--- Task to complete ---
Wherever the string "antt" occurs in a line of these records, report that line.

--- Data excerpts ---
-- ===== src/I210/Tx.antt =====
-- The transmit ring of Intel_I210 (acquire, commit, send, txReclaim, prefillRing). The descriptor is the
-- union of I210Registers.hpp: the status that the NIC writes back is the olinfoStatus word. The
-- physical addresses come from the DMA library, a parameter.
pub mod Cursors
pub mod Done
pub mod Slots
pub mod Reach
use Prim.Native.Nat.{bit_or}
use abtrda.Prelude.{
  ℕ, zero, suc, ◌+◌, ◌-◌, ◌*◌, ◌%◌, ◌^◌, Bool, true, false, Option, none, some, List, leb, ◌==◌,
  if◌then◌else◌, length, set, get_or, u32, ◌>>=◌,
}
use abtrda.Bytes.{memcpy}
use abtrda.Ring.{bump}

pub record TxDesc : Type 0 where
  pub buffer_addr : ℕ
  pub cmd_type_len : ℕ
  pub olinfo_status : ℕ

abbrev pub zero_desc : TxDesc
zero_desc = record { buffer_addr = 0; cmd_type_len = 0; olinfo_status = 0 }

pub record TxRing : Type 0 where
  pub descs : List TxDesc
  pub buffer : List ℕ
  pub tail : ℕ
  pub clean_head : ℕ
  pub in_flight : ℕ
  pub tdt : ℕ

-- EOP, IFCS, RS, DEXT and the advanced data type.
abbrev pub txd_cmd : ℕ
txd_cmd = 16777216 + 33554432 + 134217728 + 536870912 + 3145728

abbrev pub txd_paylen_shift : ℕ
txd_paylen_shift = 14

abbrev pub txd_stat_dd : TxDesc → Bool
txd_stat_dd d = d.olinfo_status % 2 == 1

-- A ring of `n` descriptors and `n` buffers of `buff_size` bytes; `phys` is the physical address of an
-- offset in the buffer.
module _ (n buff_size : ℕ) (phys : ℕ → ℕ) where
  -- The oldest descriptor in flight, which the NIC has marked done, is given back.
  unfoldable pub retire : TxRing → TxRing
  retire r = record r {
    descs =
        set r.descs r.clean_head
          (record (get_or r.descs r.clean_head zero_desc) { olinfo_status = 0 });
    clean_head = bump n r.clean_head;
    in_flight = r.in_flight - 1;
  }

  unfoldable pub tx_reclaim_from : ℕ → TxRing → TxRing
  unfolding retire
  tx_reclaim_from zero r = r
  tx_reclaim_from (suc k) r =
      let rest = tx_reclaim_from k (retire r) in
      if txd_stat_dd (get_or r.descs r.clean_head zero_desc) then rest else r

  -- The loop ends when nothing is in flight, so that number bounds its turns.
  unfoldable pub tx_reclaim : TxRing → TxRing
  tx_reclaim r = tx_reclaim_from r.in_flight r

  unfoldable pub fill_desc : ℕ → TxRing → TxRing
  fill_desc frame_len r = record r {
    descs = set r.descs r.tail (record {
      buffer_addr = phys (r.tail * buff_size);
      cmd_type_len = bit_or txd_cmd frame_len;
      olinfo_status = u32 (frame_len * 2 ^ txd_paylen_shift);
    });
  }

  -- Room for a frame, the offset of its buffer, once there is a free descriptor.
  unfoldable pub acquire_free : ℕ → TxRing → Option ℕ × TxRing
  unfolding fill_desc
  acquire_free frame_len r =
      if leb n r.in_flight then (none, r) else (some (r.tail * buff_size), fill_desc frame_len r)

  unfoldable pub acquire : ℕ → TxRing → Option ℕ × TxRing
  unfolding acquire_free tx_reclaim
  acquire frame_len r =
      if leb n r.in_flight then acquire_free frame_len (tx_reclaim r) else acquire_free frame_len r

  unfoldable pub commit : TxRing → TxRing
  commit r = record r {
    tail = bump n r.tail;
    in_flight = r.in_flight + 1;
    tdt = u32 (bump n r.tail);
  }

  -- `none` is a copy past the end of the buffer memory.
  unfoldable pub send_into : List ℕ → Option ℕ × TxRing → Option (Bool × TxRing)
  unfolding commit
  send_into frame (none, r) = some (false, r)
  send_into frame (some at, r) = do
    b ← memcpy at frame r.buffer
    some (true, commit (record r { buffer = b }))

  unfoldable pub send : List ℕ → TxRing → Option (Bool × TxRing)
  unfolding send_into acquire
  send frame r = send_into frame (acquire (u32 (length frame)) r)

  -- The template is copied to the first `k` buffers, in order.
  unfoldable pub prefill : ℕ → List ℕ → TxRing → Option TxRing
  prefill zero template r = some r
  prefill (suc k) template r = do
    s ← prefill k template r
    b ← memcpy (k * buff_size) template s.buffer
    some (record s { buffer = b })

  unfoldable pub prefill_ring : List ℕ → TxRing → Option TxRing
  unfolding prefill
  prefill_ring template r = prefill n template r
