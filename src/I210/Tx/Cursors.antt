-- ===== src/I210/Tx/Cursors.antt =====
-- The cursors of the transmit ring: what the driver's own operations and the NIC's write-back keep.
use Prim.Native.Nat.{bit_or}
use abtrda.Prelude.{
  ℕ, zero, suc, ◌-◌, ◌*◌, ◌^◌, ◌≤◌, ◌<◌, ◌≡◌, refl, ◌⊎◌, inl, inr, Bool, true, false, Option, none,
  some, arith, leb, if◌then◌else◌, Bool-cases, length, length-set, get_or, u32,
}
use abtrda.Ring.{Ahead, Ahead-bump_front, Ahead-bump_back}
use abtrda.I210.Tx.{
  zero_desc, TxRing, txd_cmd, txd_paylen_shift, txd_stat_dd, retire, tx_reclaim_from, tx_reclaim,
  fill_desc, acquire_free, acquire, commit,
}

-- The tail is as many slots ahead of the clean head as descriptors are in flight, never more than
-- the ring has, and the tail register is the tail.
pub record IsValid (n buff_size : ℕ) (r : TxRing) : Type 0 where
  pub sized : length r.descs ≡ n
  pub roomy : length r.buffer ≡ n * buff_size
  pub fits : r.in_flight ≤ n
  pub spans : Ahead n r.clean_head r.in_flight r.tail
  pub posted : r.tdt ≡ r.tail

module _ (n buff_size : ℕ) (phys : ℕ → ℕ) where
  pub retire-IsValid :
      (k : ℕ) (r : TxRing)
      → r.in_flight ≡ suc k
      → IsValid n buff_size r
      → IsValid n buff_size (retire n buff_size phys r)
  unfolding retire
  retire-IsValid k r e v = ground (
    arith,
    length-set r.descs r.clean_head
        (record (get_or r.descs r.clean_head zero_desc) { olinfo_status = 0 }),
    Ahead-bump_back n r.clean_head k r.tail,
  )

  pub tx_reclaim_from-IsValid :
      (k : ℕ) (r : TxRing)
      → k ≤ r.in_flight
      → IsValid n buff_size r
      → IsValid n buff_size (tx_reclaim_from n buff_size phys k r)
  unfolding tx_reclaim_from
  tx_reclaim_from-IsValid zero r h v = v
  tx_reclaim_from-IsValid (suc k) r h v =
      elim (Bool-cases (txd_stat_dd (get_or r.descs r.clean_head zero_desc))) [
        | inl e ↦ rw e (
            tx_reclaim_from-IsValid k (retire n buff_size phys r) (ground arith)
              (retire-IsValid (r.in_flight - 1) r (omega arith) v))
        | inr e ↦ rw e v
      ]

  -- What reclaiming leaves in flight, and that it stops at a descriptor the NIC still has.
  pub record Reclaimed (r s : TxRing) : Type 0 where
    pub fewer : s.in_flight ≤ r.in_flight
    pub same_tail : s.tail ≡ r.tail
    pub same_buffer : s.buffer ≡ r.buffer
    pub stops : (s.in_flight ≡ 0) ⊎ (txd_stat_dd (get_or s.descs s.clean_head zero_desc) ≡ false)

  pub tx_reclaim_from-Reclaimed :
      (k : ℕ) (r : TxRing) → k ≡ r.in_flight → Reclaimed r (tx_reclaim_from n buff_size phys k r)
  unfolding tx_reclaim_from
  tx_reclaim_from-Reclaimed zero r h = ground arith
  tx_reclaim_from-Reclaimed (suc k) r h =
      elim (Bool-cases (txd_stat_dd (get_or r.descs r.clean_head zero_desc))) [
        | inl e ↦
            rw e (
              ground
                (arith, tx_reclaim_from-Reclaimed k (retire n buff_size phys r) (ground arith)))
        | inr e ↦
            rw e
              (record { fewer = omega arith; same_tail = refl; same_buffer = refl; stops = inr e })
      ]

  fill_desc-IsValid :
      (frame_len : ℕ) (r : TxRing)
      → IsValid n buff_size r
      → IsValid n buff_size (fill_desc n buff_size phys frame_len r)
  unfolding fill_desc
  fill_desc-IsValid frame_len r v = ground (
    arith,
    length-set r.descs r.tail (record {
      buffer_addr = phys (r.tail * buff_size);
      cmd_type_len = bit_or txd_cmd frame_len;
      olinfo_status = u32 (frame_len * 2 ^ txd_paylen_shift);
    }),
  )

  -- An offset is given exactly when there is a free descriptor, and it is that of the tail.
  pub record Acquired (o : Option ℕ) (s : TxRing) : Type 0 where
    pub valid : IsValid n buff_size s
    pub gives :
        ((s.in_flight ≡ n) × (o ≡ none)) ⊎ ((s.in_flight < n) × (o ≡ some (s.tail * buff_size)))

  acquire_free-Acquired :
      (frame_len : ℕ) (r : TxRing)
      → IsValid n buff_size r
      → let a = acquire_free n buff_size phys frame_len r in Acquired a.0 a.1
  unfolding acquire_free
  acquire_free-Acquired frame_len r v = elim (Bool-cases (leb n r.in_flight)) [
    | inl e ↦ rw e (record { valid = v; gives = inl (ground arith, refl) })
    | inr e ↦ rw e (record {
      valid = fill_desc-IsValid frame_len r v;
      gives = inr (ground arith, ground arith);
    })
  ]

  acquire_if :
      (b : Bool) (frame_len : ℕ) (r : TxRing)
      → IsValid n buff_size r
      → let a =
          if b
          then acquire_free n buff_size phys frame_len (tx_reclaim n buff_size phys r)
          else acquire_free n buff_size phys frame_len r in
        Acquired a.0 a.1
  unfolding tx_reclaim
  acquire_if true frame_len r v =
      acquire_free-Acquired frame_len (tx_reclaim_from n buff_size phys r.in_flight r)
        (tx_reclaim_from-IsValid r.in_flight r (omega arith) v)
  acquire_if false frame_len r v = acquire_free-Acquired frame_len r v

  pub acquire-Acquired :
      (frame_len : ℕ) (r : TxRing)
      → IsValid n buff_size r
      → let a = acquire n buff_size phys frame_len r in Acquired a.0 a.1
  unfolding acquire
  acquire-Acquired frame_len r v = acquire_if (leb n r.in_flight) frame_len r v

  pub commit-IsValid :
      (r : TxRing)
      → n ≤ 2 ^ 32
      → r.in_flight < n
      → IsValid n buff_size r
      → IsValid n buff_size (commit n buff_size phys r)
  unfolding commit
  commit-IsValid r w h v =
      ground (arith, Ahead-bump_front n r.clean_head r.in_flight r.tail h v.spans)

--- Exercise output ---
-- ===== src/I210/Tx.antt =====
filename src/I210/Tx/Cursors.antt
-- ===== src/I210/Tx/Cursors.antt =====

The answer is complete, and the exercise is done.